(The data)

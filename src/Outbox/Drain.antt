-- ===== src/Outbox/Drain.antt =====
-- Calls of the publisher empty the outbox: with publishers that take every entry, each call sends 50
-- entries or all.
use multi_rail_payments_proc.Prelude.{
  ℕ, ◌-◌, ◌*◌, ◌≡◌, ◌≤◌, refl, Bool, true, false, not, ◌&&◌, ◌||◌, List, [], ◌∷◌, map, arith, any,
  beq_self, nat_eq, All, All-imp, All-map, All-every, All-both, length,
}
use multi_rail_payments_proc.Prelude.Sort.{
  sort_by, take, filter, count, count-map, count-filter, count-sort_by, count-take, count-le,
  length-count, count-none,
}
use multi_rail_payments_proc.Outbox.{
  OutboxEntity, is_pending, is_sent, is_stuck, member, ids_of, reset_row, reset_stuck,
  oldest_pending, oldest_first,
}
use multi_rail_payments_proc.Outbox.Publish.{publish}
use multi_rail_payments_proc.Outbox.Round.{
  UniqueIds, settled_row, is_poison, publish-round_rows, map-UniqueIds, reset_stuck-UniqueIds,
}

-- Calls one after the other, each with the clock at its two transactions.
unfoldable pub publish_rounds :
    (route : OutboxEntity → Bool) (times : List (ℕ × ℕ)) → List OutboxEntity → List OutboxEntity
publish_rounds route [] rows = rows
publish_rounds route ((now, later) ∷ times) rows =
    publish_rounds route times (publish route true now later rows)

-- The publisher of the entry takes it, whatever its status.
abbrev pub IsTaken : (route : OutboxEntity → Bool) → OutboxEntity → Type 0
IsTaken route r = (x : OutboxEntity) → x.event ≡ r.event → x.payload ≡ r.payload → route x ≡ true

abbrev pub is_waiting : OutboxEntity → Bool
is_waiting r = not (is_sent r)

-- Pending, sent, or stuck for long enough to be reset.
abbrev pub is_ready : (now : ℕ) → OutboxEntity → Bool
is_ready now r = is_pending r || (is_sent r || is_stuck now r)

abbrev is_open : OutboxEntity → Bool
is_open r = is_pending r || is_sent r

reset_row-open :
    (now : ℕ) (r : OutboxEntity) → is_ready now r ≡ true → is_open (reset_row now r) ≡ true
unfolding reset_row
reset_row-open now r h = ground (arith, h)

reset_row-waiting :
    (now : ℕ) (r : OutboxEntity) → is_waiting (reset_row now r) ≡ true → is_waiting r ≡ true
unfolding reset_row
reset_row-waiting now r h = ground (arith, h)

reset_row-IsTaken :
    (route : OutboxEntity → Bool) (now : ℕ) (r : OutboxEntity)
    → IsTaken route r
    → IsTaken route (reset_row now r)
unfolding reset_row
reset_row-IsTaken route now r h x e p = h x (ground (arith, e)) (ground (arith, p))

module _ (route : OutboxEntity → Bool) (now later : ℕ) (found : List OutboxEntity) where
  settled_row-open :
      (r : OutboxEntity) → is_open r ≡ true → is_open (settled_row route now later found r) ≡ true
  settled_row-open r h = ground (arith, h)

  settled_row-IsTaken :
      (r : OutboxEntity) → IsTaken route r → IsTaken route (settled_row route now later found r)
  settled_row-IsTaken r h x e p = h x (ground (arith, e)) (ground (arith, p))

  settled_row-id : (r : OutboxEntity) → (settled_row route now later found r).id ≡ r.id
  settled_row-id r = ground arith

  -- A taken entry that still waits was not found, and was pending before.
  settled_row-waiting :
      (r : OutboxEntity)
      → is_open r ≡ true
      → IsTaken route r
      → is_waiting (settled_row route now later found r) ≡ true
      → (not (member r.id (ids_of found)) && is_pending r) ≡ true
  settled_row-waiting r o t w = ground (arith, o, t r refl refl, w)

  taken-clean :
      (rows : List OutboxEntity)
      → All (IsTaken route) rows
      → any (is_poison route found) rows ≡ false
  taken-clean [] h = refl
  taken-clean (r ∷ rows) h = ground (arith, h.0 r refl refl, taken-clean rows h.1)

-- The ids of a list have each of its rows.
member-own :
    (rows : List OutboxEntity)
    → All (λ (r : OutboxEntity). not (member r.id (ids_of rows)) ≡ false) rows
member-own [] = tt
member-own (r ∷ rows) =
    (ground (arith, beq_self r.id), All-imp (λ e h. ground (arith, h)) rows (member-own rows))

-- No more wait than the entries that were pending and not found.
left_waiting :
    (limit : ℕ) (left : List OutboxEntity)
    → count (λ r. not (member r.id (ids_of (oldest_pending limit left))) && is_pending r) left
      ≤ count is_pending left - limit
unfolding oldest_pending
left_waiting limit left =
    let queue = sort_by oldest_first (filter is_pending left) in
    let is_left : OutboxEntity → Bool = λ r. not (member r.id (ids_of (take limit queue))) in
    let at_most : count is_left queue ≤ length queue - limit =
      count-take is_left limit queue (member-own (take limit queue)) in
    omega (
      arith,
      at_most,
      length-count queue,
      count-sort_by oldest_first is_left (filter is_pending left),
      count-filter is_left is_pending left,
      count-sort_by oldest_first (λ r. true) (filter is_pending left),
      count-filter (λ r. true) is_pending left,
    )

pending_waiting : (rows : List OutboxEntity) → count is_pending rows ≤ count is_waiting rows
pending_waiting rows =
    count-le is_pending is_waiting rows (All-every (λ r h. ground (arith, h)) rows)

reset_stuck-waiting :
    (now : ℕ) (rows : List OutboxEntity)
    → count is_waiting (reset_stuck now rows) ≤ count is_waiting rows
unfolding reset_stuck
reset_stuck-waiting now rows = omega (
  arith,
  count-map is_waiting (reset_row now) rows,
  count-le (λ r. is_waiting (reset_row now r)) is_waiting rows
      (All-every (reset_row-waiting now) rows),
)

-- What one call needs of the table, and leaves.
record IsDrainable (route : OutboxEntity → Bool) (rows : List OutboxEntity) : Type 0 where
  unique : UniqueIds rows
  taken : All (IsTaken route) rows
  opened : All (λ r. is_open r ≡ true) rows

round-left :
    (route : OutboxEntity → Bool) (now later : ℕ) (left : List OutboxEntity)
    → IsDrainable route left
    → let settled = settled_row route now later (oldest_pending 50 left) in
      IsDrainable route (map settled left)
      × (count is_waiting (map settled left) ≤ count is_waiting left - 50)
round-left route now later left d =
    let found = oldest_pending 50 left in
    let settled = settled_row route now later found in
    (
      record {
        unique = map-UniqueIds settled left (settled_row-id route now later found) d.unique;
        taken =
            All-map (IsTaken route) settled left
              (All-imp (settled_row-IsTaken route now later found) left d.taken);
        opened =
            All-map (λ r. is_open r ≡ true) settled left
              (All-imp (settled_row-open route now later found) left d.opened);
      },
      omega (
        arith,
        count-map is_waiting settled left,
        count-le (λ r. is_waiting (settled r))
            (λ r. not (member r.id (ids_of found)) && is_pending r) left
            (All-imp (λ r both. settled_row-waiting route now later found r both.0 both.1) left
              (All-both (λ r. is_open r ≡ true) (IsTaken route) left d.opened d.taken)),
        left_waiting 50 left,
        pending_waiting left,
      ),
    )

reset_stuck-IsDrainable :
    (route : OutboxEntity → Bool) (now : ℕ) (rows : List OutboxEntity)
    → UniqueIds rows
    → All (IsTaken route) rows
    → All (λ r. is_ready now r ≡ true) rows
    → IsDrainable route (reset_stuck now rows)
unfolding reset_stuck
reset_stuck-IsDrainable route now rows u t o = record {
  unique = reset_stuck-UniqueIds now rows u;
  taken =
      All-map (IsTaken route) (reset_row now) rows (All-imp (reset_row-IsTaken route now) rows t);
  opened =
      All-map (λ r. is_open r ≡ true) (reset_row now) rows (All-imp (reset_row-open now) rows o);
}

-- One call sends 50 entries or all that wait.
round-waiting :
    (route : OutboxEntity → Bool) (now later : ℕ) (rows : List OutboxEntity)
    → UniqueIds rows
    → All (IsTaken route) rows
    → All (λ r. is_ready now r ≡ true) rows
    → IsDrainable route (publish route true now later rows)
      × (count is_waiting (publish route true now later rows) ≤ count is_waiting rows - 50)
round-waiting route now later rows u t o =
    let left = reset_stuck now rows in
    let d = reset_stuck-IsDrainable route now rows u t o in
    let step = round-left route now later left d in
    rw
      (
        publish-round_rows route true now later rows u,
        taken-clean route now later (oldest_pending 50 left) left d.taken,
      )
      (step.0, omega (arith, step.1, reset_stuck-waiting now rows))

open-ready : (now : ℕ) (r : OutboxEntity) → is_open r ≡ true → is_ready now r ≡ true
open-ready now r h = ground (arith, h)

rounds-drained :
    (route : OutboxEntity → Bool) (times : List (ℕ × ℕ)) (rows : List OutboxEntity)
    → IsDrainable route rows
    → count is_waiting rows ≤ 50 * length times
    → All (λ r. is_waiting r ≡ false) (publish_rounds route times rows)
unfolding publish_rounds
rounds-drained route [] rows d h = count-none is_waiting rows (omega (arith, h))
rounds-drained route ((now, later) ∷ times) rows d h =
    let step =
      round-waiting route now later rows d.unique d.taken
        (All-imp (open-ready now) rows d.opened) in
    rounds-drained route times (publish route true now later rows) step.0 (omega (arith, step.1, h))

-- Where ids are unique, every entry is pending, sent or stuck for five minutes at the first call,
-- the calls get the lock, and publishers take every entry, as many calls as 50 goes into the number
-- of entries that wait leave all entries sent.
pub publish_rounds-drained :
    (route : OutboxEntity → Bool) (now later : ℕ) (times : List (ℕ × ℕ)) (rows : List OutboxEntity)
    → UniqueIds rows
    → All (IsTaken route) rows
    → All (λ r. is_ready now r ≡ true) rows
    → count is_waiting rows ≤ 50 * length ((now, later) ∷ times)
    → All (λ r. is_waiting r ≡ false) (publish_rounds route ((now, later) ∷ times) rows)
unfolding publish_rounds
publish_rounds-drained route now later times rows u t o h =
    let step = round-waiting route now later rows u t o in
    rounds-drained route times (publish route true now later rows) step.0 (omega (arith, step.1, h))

(End The data)
(The data)

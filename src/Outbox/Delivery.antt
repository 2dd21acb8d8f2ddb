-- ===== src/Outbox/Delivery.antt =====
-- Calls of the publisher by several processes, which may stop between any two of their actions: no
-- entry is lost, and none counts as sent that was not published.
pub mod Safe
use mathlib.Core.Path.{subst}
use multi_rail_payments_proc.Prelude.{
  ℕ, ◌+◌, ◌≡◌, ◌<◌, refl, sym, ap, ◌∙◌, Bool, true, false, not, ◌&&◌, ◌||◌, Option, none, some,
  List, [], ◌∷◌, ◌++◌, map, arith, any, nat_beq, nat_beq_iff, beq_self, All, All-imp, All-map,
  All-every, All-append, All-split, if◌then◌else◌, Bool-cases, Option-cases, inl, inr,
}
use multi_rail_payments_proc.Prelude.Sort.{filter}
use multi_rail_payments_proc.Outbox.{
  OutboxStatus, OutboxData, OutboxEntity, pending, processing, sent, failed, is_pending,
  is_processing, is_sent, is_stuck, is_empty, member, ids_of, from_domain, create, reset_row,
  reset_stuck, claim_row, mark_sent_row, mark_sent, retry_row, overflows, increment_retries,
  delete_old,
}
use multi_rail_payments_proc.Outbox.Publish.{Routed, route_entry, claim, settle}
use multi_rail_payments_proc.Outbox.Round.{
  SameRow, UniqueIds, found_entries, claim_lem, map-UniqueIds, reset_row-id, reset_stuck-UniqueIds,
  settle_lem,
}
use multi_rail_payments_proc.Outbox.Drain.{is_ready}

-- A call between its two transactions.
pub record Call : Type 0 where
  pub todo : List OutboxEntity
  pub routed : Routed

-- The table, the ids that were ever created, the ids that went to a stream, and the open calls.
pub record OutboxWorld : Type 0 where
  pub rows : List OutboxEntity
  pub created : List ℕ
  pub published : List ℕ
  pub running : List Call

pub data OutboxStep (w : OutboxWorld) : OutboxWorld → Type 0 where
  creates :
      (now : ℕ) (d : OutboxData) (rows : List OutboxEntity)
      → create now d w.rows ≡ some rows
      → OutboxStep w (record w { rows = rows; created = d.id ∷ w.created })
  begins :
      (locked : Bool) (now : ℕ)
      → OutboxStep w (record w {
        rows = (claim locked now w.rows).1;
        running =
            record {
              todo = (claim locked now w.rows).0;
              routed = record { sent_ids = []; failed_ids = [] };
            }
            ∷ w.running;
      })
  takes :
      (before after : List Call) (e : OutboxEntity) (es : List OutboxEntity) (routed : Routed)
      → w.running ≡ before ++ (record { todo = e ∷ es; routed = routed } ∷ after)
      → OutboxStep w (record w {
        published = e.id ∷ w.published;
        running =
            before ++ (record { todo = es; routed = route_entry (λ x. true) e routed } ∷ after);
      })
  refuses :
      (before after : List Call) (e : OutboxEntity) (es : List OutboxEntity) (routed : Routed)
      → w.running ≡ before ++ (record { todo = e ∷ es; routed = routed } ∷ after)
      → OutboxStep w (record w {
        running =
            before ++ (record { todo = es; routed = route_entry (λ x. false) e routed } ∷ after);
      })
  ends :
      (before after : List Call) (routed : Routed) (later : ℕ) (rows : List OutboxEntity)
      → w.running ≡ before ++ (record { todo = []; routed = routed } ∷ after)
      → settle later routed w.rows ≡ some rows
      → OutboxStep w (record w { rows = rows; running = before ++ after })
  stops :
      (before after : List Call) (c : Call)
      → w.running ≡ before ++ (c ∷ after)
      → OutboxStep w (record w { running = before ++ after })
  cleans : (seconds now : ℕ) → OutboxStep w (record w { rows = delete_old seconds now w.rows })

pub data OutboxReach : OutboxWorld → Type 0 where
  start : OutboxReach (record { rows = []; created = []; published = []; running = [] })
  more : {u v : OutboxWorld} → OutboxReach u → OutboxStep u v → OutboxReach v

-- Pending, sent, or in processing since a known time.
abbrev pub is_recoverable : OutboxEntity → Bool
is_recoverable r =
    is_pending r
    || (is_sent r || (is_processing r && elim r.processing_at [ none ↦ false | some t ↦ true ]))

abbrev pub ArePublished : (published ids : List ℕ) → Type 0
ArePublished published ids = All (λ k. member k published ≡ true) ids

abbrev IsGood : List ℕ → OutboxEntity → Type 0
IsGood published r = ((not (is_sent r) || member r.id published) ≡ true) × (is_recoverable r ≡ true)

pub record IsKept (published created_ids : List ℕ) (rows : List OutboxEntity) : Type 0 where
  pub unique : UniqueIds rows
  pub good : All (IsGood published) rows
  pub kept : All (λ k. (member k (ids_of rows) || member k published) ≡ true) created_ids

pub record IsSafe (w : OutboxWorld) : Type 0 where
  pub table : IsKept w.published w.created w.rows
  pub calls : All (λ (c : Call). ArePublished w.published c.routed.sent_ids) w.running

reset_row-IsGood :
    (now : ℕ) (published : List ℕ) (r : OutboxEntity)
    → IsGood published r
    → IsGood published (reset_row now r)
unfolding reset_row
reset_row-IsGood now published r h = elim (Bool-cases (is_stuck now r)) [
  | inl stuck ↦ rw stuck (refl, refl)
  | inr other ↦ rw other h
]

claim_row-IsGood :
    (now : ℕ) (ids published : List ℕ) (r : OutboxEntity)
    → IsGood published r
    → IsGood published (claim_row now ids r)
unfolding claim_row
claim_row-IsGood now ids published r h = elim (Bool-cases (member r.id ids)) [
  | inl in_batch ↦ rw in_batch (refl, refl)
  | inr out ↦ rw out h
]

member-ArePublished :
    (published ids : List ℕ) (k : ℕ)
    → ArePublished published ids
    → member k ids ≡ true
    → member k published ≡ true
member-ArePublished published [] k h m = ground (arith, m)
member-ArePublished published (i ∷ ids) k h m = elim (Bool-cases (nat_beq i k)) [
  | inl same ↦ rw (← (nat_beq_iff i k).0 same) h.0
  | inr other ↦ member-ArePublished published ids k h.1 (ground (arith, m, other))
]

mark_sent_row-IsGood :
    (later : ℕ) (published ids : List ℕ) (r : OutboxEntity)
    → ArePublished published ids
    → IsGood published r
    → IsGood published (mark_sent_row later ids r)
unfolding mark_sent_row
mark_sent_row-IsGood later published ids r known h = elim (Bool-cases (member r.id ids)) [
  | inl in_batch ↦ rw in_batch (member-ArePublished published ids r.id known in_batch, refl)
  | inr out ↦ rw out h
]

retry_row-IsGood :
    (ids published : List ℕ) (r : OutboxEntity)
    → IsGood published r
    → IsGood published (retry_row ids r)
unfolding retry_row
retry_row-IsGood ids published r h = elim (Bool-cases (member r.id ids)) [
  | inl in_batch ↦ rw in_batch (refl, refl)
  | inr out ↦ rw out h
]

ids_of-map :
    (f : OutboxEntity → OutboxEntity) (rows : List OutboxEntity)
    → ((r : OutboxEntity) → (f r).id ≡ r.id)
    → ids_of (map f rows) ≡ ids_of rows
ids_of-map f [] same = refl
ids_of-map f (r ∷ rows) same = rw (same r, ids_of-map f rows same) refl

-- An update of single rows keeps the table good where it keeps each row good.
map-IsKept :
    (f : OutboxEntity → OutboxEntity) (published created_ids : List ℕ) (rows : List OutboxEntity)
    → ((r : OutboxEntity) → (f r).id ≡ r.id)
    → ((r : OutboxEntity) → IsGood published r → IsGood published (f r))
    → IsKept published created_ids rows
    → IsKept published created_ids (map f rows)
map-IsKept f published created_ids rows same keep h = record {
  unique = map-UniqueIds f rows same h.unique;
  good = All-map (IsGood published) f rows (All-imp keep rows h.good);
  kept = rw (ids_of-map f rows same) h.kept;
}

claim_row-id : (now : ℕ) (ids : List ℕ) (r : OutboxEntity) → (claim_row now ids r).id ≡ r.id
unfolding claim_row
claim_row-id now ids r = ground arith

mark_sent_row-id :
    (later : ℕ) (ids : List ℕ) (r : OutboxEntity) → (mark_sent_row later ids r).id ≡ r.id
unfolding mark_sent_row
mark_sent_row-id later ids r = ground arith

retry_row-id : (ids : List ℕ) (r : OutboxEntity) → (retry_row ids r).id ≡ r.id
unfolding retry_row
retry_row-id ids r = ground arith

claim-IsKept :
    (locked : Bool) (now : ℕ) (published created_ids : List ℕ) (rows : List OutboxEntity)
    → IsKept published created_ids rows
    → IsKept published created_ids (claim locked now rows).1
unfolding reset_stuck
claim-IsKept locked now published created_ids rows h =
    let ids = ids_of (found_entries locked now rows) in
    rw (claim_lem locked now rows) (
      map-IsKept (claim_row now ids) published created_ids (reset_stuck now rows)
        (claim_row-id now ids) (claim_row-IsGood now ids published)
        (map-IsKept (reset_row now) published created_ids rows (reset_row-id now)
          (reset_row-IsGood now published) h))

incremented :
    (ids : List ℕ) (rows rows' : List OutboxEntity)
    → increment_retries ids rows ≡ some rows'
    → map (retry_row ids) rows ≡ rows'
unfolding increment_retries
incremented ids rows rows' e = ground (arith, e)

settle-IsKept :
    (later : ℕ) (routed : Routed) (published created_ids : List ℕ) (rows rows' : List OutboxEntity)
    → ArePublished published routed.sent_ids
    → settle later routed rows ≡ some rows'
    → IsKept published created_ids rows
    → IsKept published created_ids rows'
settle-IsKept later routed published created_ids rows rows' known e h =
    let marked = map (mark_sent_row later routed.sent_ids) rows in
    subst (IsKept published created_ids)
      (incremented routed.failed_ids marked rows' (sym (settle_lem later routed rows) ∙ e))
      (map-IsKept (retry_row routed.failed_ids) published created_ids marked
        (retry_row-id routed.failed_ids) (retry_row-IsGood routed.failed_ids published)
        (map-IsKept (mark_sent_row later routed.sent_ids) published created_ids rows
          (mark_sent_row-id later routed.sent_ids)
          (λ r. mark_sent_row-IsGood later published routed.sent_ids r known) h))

(End The data)

Each line that mentions the string "Option" must be copied from the listing.

_Reply:_
  ℕ, ◌+◌, ◌≡◌, ◌<◌, refl, sym, ap, ◌∙◌, Bool, true, false, not, ◌&&◌, ◌||◌, Option, none, some,
  All-every, All-append, All-split, if◌then◌else◌, Bool-cases, Option-cases, inl, inr,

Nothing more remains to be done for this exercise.